Mr. Cuomo, who resigned in August 2021 amid sexual harassment allegations that he denies, has said he has “no plans to run for anything.” Still his sizable political war chest and tendency to weigh in on politically hot topics such as congestion pricing or the war in Gaza has been interpreted by some as him laying the groundwork to either run for mayor next year or for governor in 2026.

How Mr. Cuomo and other leading Democrats handled the pandemic has the potential to be a political liability, a scenario that the Republican-led subcommittee has tried to take advantage of in its hearings.
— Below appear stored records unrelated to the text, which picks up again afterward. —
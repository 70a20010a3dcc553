-- ===== src/Bin/DryRun.antt =====
-- src/bin/contentd/cli/Contentd.cpp: the exit code of a dry run, against the responses that the worker
-- gets.
use contentv.Prelude.{ℕ, ◌+◌, List, ◌++◌, length, keep, map}
use contentv.Core.Records.{FetchStats}
use contentv.Scheduler.Stats.{inc_stats}
use contentv.Worker.FetchLoop.{JobInfo, fetch_result}

-- The counters of a loop that has put some records into its queue and has no response yet.
abbrev pub fresh : ℕ → FetchStats
fresh pushed = record {
  pushed = pushed;
  success = 0;
  fail = 0;
  robots_success = 0;
  robots_fail = 0;
}

-- The number of responses with a success.
abbrev pub successes : List JobInfo → ℕ
successes jis = length (keep (λ (ji : JobInfo). ji.success) jis)

abbrev oks : FetchStats → ℕ
oks st = st.success + st.robots_success

-- The worker's counters after the responses `jis`, and the scheduler's after those and `more`.
module _ (pushed : ℕ) (jis more : List JobInfo) where
  abbrev counted : FetchStats
  counted = inc_stats (fresh pushed) (map fetch_result jis)

  abbrev told : FetchStats
  told = inc_stats (fresh 0) (map fetch_result (jis ++ more))
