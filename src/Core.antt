-- ===== src/Core.antt =====
-- The value types and the counters of src/core.
pub mod Time
pub mod Sorted
pub mod Window
pub mod FreqMap
pub mod FreqStats
pub mod FreqStatsLf
pub mod Attempts
pub mod HostFreq
pub mod Records
pub mod Url
pub mod QueryGroup
pub mod Matcher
Before Mr. Cuomo’s testimony to the panel in Washington last week, the committee released a 48-page report that criticized State Health Department guidance, issued in March 2020, that directed nursing homes to readmit patients who had tested positive for the coronavirus.

That guidance, the report said, had “predictable but disastrous consequences.”

Mr. Cuomo told the panel that this guidance conformed with federal guidelines and said the decisions of his administration weren’t to blame for increased deaths in nursing homes.

More scrutiny and criticism surrounded the July 2020 State Health Department report, which the committee found “was heavily edited by the executive chamber to show more causality and was not a scientific nor peer-reviewed publication.”

During Mr. Cuomo’s private questioning, a lawyer representing the committee’s Democratic members noted that one top aide had testified that Mr. Cuomo had reviewed a draft before it was released. “Is that true?” the lawyer asked.

“I did not,” Mr. Cuomo replied, according to a transcript of the questioning. “Maybe it was in the inbox, but I did not.”

Mr. Cuomo said he did “not recall seeing the July 6 report” before it was issued, adding that Howard Zucker, then the state health commissioner, bore responsibility for it.

“He then presented it numerous times,” Mr. Cuomo said of Mr. Zucker. “I then spoke to it numerous times, because it came up at every press briefing afterwards.”

Mr. Cuomo was later asked again if he either reviewed, edited or spoke about the report with his aides.

“Not that I recall,” he replied. “I may have been, because it’s a very interesting finding. They probably came to me and said do you want to hear something interesting.”

Mr. Cuomo did not send or receive the emails referred to by the committee; he is known not to use email to communicate, saying once: “I don’t want to say that I’m a sort of old-fashioned, telephone guy, but a little bit I am.”

One of the ex-governor’s top aides, Jim Malatras, told the congressional committee that “edits were communicated in a number of ways. Sometimes people received handwritten notes back on the printed-out piece of paper.”

Mr. Malatras, who declined to comment beyond referring The Times to his testimony, told the panel that some of Mr. Cuomo’s edits would also be relayed through top aides like Stephanie Benton, Mr. Cuomo’s longtime executive assistant.

“Can we drop at mansion for him pls FW:Nursing Home report,” Ms. Benton wrote in one email to top aides.

Ms. Benton sent this request on June 22, 2020. The next day, Mr. Cuomo’s edits were sent back to the group, according to an email obtained by The Times.